| Directions for this task |
Search the data for the word "matrix" and copy every line where it occurs.
---+---
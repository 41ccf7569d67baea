-- ===== src/Lib.antt =====
-- Verification library of the platform's domain engines, the functions that decide who may use
-- what: the sale and the payment of orders, the delivery of outbox events, jobs that send e-mail, the issue and the end of rights, the licence keys that the platform manages itself, the
-- licences that an external provider manages, the books, and support tickets. Paths are from the repository's
-- root.
--
-- The parts and how they interact. The checkout of a cart makes an order with its items and a
-- pending payment (apps/api/src/modules/orders/orders.service.ts). An event of a payment
-- provider, or a query of it, ends the payment and pays the order, and writes an ORDER_PAID row
-- to the outbox (apps/api/src/modules/payments/payments.service.ts). The worker delivers the rows
-- of the outbox, with retries (apps/worker/src/outbox-processor.ts), and so calls the engines. A
-- paid order gives rights, one entitlement for each item
-- (packages/database/src/domain/entitlement-engine.ts). An entitlement with internal
-- fulfilment gives a licence key, which sites activate on their domains
-- (packages/database/src/domain/internal-license-engine.ts). One with external fulfilment gives
-- allocations of seats on the accounts of a provider, which administrators confirm by hand
-- (packages/database/src/domain/allocation-engine.ts). The payment is booked by double entry
-- (packages/database/src/domain/ledger-engine.ts, packages/utils/src/tax-utils.ts). The API and
-- the worker call these functions; the worker runs the sweeps. All share the database of
-- packages/database/prisma/schema.prisma, and the entitlements table is what the licence and the
-- allocation engine read of the entitlement engine.
--
-- How the code is modelled.
-- - A table is the list of its rows, in Prelude/Tables: `find?` for findFirst and findUnique,
--   `count_where` for count, `update_where` for update and updateMany, `take` for LIMIT. The laws
--   of these queries are in Prelude/Rows and Prelude/Batches.
-- - An interactive transaction is an action of the monad of Tx; `transaction` commits what an
--   action that returns has done, and rolls back all of it if the action throws. The engines
--   lock the rows that they decide on, so transactions on the same rows run one after another,
--   and a history is a sequence of calls (License/Calls, Allocation/Calls, Payment/Spec/History). A row that another
--   transaction holds is left out by SKIP LOCKED; which rows are held is an argument. The issue
--   of entitlements takes no lock and relies on a unique index: there the row that a rival
--   commits between look-up and insert is an argument.
-- - Ids, hashes and normalized domains, which the code only compares, are numbers; so are times,
--   in milliseconds since 1970. Columns that may be negative are the integers of Prelude/Int.
--   Texts that the code takes apart are lists of code units (Text), metadata is JSON (Json).
-- - Errors are values, one constructor for each message. New ids, the clock and what comes from
--   node's crypto, the URL parser or the licence key utilities are arguments.
--
-- The files.
-- - Checkout/Model: the tables of a checkout. Checkout/Pricing: the checks of items and prices,
--   and the order items. Checkout/Orders: the transaction of checkout. Checkout/Keys: the
--   idempotency keys, pollIdempotencyResponse, and checkout; what a waiting request reads of the
--   key is a list, which ends with its time. The proofs: Totals, Placed (what a checkout has
--   stored), Amounts, Once, Issuable (its items and the entitlement engine) and Joined (its tables
--   and those of the payments).
-- - Payment/Model: the payment tables. Payment/Events: processAuthoritativePaymentEvent.
--   Payment/Callback: processTestCallback. Payment/Sessions: createPaymentSession, in three parts
--   between which other calls may come. Payment/Reconcile: reconcilePayment. The proofs: Outcome
--   (what an event that returned has done), Repeat, Paying and Exact. Payment/Spec is the
--   abstract state machine of payments and orders, with its Invariant; Spec/Abstract is the view
--   of the tables, Spec/Valid their validity, Spec/Refine, Spec/Callbacks, Spec/Attempts and
--   Spec/Placing show that each call and each checkout is a move, and Spec/History takes sequences of calls.
-- - Outbox/Model: the outbox table. Outbox/Dispatch: the handling of an event by its type, with
--   the handlers as parameters. Outbox/Process: processOutboxEvents. The proofs: Delivery,
--   Retries and Fits, and Attempt and Ends about runs whose handlers fail; what else happens to
--   the table before and during a run, and the time at which each event is settled, are
--   arguments.
-- - Jobs/Model: the automation jobs and the matrix of their statuses. Jobs/Claim:
--   claimDueAutomationJobs. Jobs/Enqueue: the two functions that enqueue e-mail jobs
--   (packages/database/src/domain/automation-engine.ts). The proofs: Attempts and Sent.
-- - Entitlement/Model: the entitlements table. Entitlement/Calendar: addUtcMonths, with the UTC
--   calendar of Date; the search of the year has as much fuel as there are days, and each year
--   takes off more than one; a time past the range of a Date is none. Entitlement/Policy:
--   calculateExpirationDate, the dates of an item and the check of its snapshot. Entitlement/Issue: issueEntitlementsForOrder. Entitlement/Expire:
--   expireDueEntitlements. The proofs: Days (the calendar), Dates
--   (addUtcMonths), Ranges, Rights, Issued, Once, Expired.
-- - License/Model: the licence tables. License/Activation: activateInternalLicense,
--   validateInternalLicense and deactivateInternalLicense. License/Customer: what a customer sees
--   and does. License/Admin: adminRevokeLicense and the lists. License/Worker:
--   provisionInternalLicenses and reconcileInternalLicenses. The proofs: Capacity and Seats (the
--   seats), Provision, Revocation, RoundTrip and Sweeps.
-- - Allocation/Model: the provider tables. Allocation/Requests: requestDomainAllocation and
--   requestAllocationDeactivation. Allocation/Review: adminActivateAllocation,
--   adminRejectAllocation and adminConfirmDeactivated. Allocation/Accounts: the provider
--   accounts. Allocation/Reconcile: reconcileExternalAllocations. The proofs: Outcome (what a
--   call that returned has found), Seats, Leave, Enter and Capacity (the seats), Lifecycle and
--   Endings (the state machine), Statuses, Settled and Truth (the status of an account),
--   Granted, Secrets and Clean (metadata). Json and Json/Secrets: assertSafeMetadata.
-- - Ledger/Model: the builders of entries, isZeroSumLedger and calculateLedgerBalances.
--   Ledger/Tax: calculateTaxMinor. The proofs: Booking, Orders, Equation and Reversal.
-- - Ticket/Model: the status matrix of support tickets and the status after a reply
--   (packages/database/src/domain/ticket-engine.ts). The proof: Replies.
-- - The files called Examples apply the theorems to concrete tables.
--
-- Not modelled: the normalization of domains and the licence key cryptography, which are
-- arguments; the branches that run only under NODE_ENV test; columns and audit details that only
-- repeat texts for display; the other rules of tickets; the status matrices of hosting, services, memberships
-- and content; the workers that run the automation jobs; the handlers of outbox events but for the
-- issue; the adapters of payment providers, the check of redirect URLs and the throttled
-- refresh; the carts; the download engine; the request handling of the API, the SDK and the user interfaces.
-- Two transactions that lock different rows are taken one after another, so what depends on
-- their interleaving under READ COMMITTED is outside the model, except for the issue.
pub mod Checkout
pub mod Outbox
pub mod Payment
pub mod Prelude
pub mod Tx
pub mod Text
pub mod Jobs
pub mod Json
pub mod Entitlement
pub mod License
pub mod Allocation
pub mod Ledger
pub mod Ticket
---+---
| Solution |
-- - Jobs/Model: the automation jobs and the matrix of their statuses. Jobs/Claim:
-- - Ticket/Model: the status matrix of support tickets and the status after a reply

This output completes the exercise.